##### Record excerpts #####

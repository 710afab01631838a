-- ===== src/Blob/Store/Prepare.antt =====
-- PrepareWriteRequests fills the header and plans the requests as `Layout` says.
use gemma_cpp.Base.{
  ℕ, suc, ◌+◌, ◌-◌, ◌*◌, ◌^◌, ◌≤◌, ◌<◌, ◌≡◌, refl, arith, ok, List, [], ◌∷◌, ◌++◌, length, ◌∙◌, ap,
  ℕ_discrete,
}
use mathlib.Core.List.{append_assoc, append-nil}
use gemma_cpp.Base.Block.{Block}
use gemma_cpp.Blob.{U128, BlobIo, Span, add64, Run}
use gemma_cpp.Blob.Chunks.{enqueue_chunk_requests}
use gemma_cpp.Blob.Chunks.Tiling.{enqueue_chunk_requests-Tiles}
use gemma_cpp.Blob.Store.{
  RoundsUp, align, poke_key, copy_keys, fill_loop, enqueue_padding, payload_loop,
}
use gemma_cpp.Blob.Store.Layout.{
  KeysFit, SizesFit, HasKeys, HasBlobs, padding_request, padded_total, Plan,
}
use gemma_cpp.Blob.Store.Memory.{
  SameBelow, SameBelow-refl, SameBelow-trans, with_key, poke_key-with_key, with_key-SameBelow,
  load_key-with_key, load_key-SameBelow,
}

join :
    (at u t : ℕ) (requests chunks pad rs : List BlobIo) (m : Block)
    → ◌≡◌ {A = Run (ℕ × List BlobIo × Block)}
        (ok (at + u + t, (requests ++ (chunks ++ pad)) ++ rs, m))
        (ok (at + (u + t), requests ++ (chunks ++ (pad ++ rs)), m))
join at u t requests chunks pad rs m =
    let e : at + u + t ≡ at + (u + t) = omega arith in
    let e' =
      append_assoc requests (chunks ++ pad) rs ∙ ap (◌++◌ requests) (append_assoc chunks pad rs) in
    λ i. ok (e i, e' i, m)

copy_keys_step :
    (i : ℕ) (k : U128) (ks : List U128) (m w : Block)
    → poke_key m i k ≡ ok w
    → copy_keys i (k ∷ ks) m ≡ copy_keys (suc i) ks w
unfolding copy_keys
copy_keys_step i k ks m w e = rw e

pub copy_keys-HasKeys :
    (i : ℕ) (keys : List U128) (m : Block)
    → 16 + 16 * (i + length keys) ≤ m.size
    → KeysFit keys
    → (m' : Block) × (copy_keys i keys m ≡ ok m') × SameBelow (16 + 16 * i) m m' × HasKeys m' i keys
copy_keys-HasKeys i [] m h f = (m, unfold copy_keys in refl, SameBelow-refl _ m, tt)
copy_keys-HasKeys i (k ∷ ks) m h (lo, hi, f) =
    let room : 32 + 16 * i ≤ m.size = omega arith in
    let w = with_key m i k room lo hi in
    let s = with_key-SameBelow m i k room lo hi in
    let (m', run, t, has) = copy_keys-HasKeys (suc i) ks w (rw s.size (omega arith)) f in
    (
      m',
      copy_keys_step i k ks m w (poke_key-with_key m i k room lo hi) ∙ run,
      SameBelow-trans (16 + 16 * i) (16 + 16 * suc i) m w m' (omega arith) s t,
      (
        load_key-SameBelow (16 + 16 * suc i) w m' i t (omega arith)
            ∙ load_key-with_key m i k room lo hi,
        has,
      ),
    )

module _ (round_up_to : ℕ → ℕ → ℕ) (rounds : RoundsUp round_up_to) where
  abbrev pub up : ℕ → ℕ
  up n = round_up_to n align

  pub payload_loop-eq :
      (payload : ℕ) (blobs : List Span)
      → payload + padded_total round_up_to blobs < 2 ^ 64
      → payload_loop round_up_to payload blobs ≡ payload + padded_total round_up_to blobs
  unfolding payload_loop
  payload_loop-eq payload [] h = omega arith
  payload_loop-eq payload (b ∷ bs) h =
      payload_loop-eq (add64 payload (up b.size)) bs (rw wrap (omega arith)) ∙ rw wrap (omega arith)
    where
      wrap : add64 payload (up b.size) ≡ payload + up b.size
      wrap = omega arith

  enqueue_padding-eq :
      (size at : ℕ) (requests : List BlobIo)
      → size ≤ 2 ^ 63
      → at + (round_up_to size align - size) < 2 ^ 64
      → enqueue_padding round_up_to size at requests
        ≡ ok (
          at + (round_up_to size align - size),
          requests ++ padding_request at (round_up_to size align - size),
        )
  unfolding enqueue_padding
  enqueue_padding-eq size at requests h f = elim (ℕ_discrete (round_up_to size align) size) [
    | yes same ↦ ground (arith, append-nil requests)
    | no more ↦ ground (arith, rounds size align)
  ]

  -- The key of one blob and its requests.
  fill_loop_step :
      (num i : ℕ) (b : Span) (bs : List Span) (m w : Block) (at : ℕ) (requests chunks : List BlobIo)
      → poke_key m (num + i) (record { lo = at; hi = b.size }) ≡ ok w
      → enqueue_chunk_requests at b.size b.ptr requests ≡ ok (requests ++ chunks)
      → b.size ≤ 2 ^ 63
      → at + round_up_to b.size align < 2 ^ 64
      → fill_loop round_up_to num i (b ∷ bs) m at requests
        ≡ fill_loop round_up_to num (suc i) bs w (at + round_up_to b.size align) (
            requests
            ++ (chunks ++ padding_request (at + b.size) (round_up_to b.size align - b.size)))
  unfolding fill_loop
  fill_loop_step num i b bs m w at requests chunks e c h f =
      let r = rounds b.size align (omega arith) (omega arith) in
      rw (
        e,
        c,
        wrap r.0,
        enqueue_padding-eq b.size (at + b.size) (requests ++ chunks) h (omega arith),
        regroup r.0,
        append_assoc requests chunks,
      )
    where
      wrap : b.size ≤ up b.size → add64 at b.size ≡ at + b.size
      wrap p = omega arith

      regroup : b.size ≤ up b.size → at + b.size + (up b.size - b.size) ≡ at + up b.size
      regroup p = omega arith

  pub fill_loop-HasBlobs :
      (num i : ℕ) (blobs : List Span) (m : Block) (at : ℕ) (requests : List BlobIo)
      → 16 + 16 * (num + i + length blobs) ≤ m.size
      → SizesFit blobs
      → at + padded_total round_up_to blobs < 2 ^ 64
      → (m' : Block) × (rs : List BlobIo) × (fill_loop round_up_to num i blobs m at requests
          ≡ ok (at + padded_total round_up_to blobs, requests ++ rs, m'))
        × SameBelow (16 + 16 * (num + i)) m m'
        × HasBlobs round_up_to m' num i at blobs
        × Plan round_up_to at blobs rs
  fill_loop-HasBlobs num i [] m at requests h s f =
      (m, [], unfold fill_loop in ground (arith, append-nil requests), SameBelow-refl _ m, tt, refl)
  fill_loop-HasBlobs num i (b ∷ bs) m at requests h (size, s) f =
      let r = rounds b.size align (omega arith) (omega arith) in
      let room : 32 + 16 * (num + i) ≤ m.size = omega arith in
      let key : U128 = record { lo = at; hi = b.size } in
      let w = with_key m (num + i) key room (omega arith) (omega arith) in
      let near = with_key-SameBelow m (num + i) key room (omega arith) (omega arith) in
      let (_, e, (chunks, c, tiles)) =
        enqueue_chunk_requests-Tiles at b.size b.ptr (omega arith) requests in
      let pad = padding_request (at + b.size) (up b.size - b.size) in
      let (m', rs, run, far, has, plan) =
        fill_loop-HasBlobs num (suc i) bs w (at + up b.size) (requests ++ (chunks ++ pad))
          (rw near.size (omega arith)) s (omega arith) in
      (
        m',
        chunks ++ (pad ++ rs),
        fill_loop_step num i b bs m w at requests chunks
              (poke_key-with_key m (num + i) key room (omega arith) (omega arith)) (e ∙ ap ok c)
              size (omega arith)
            ∙ run
            ∙ join at (up b.size) (padded_total round_up_to bs) requests chunks pad rs m',
        SameBelow-trans _ (16 + 16 * (num + suc i)) m w m' (omega arith) near far,
        (
          load_key-SameBelow (16 + 16 * (num + suc i)) w m' (num + i) far (omega arith)
              ∙ load_key-with_key m (num + i) key room (omega arith) (omega arith),
          has,
        ),
        (chunks, rs, refl, tiles, plan),
      )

#####

▶ [Assignment]:
The lines above that hold the word "Base" are the ones to copy.

▶ [Result for this exercise]:
use gemma_cpp.Base.{
use gemma_cpp.Base.Block.{Block}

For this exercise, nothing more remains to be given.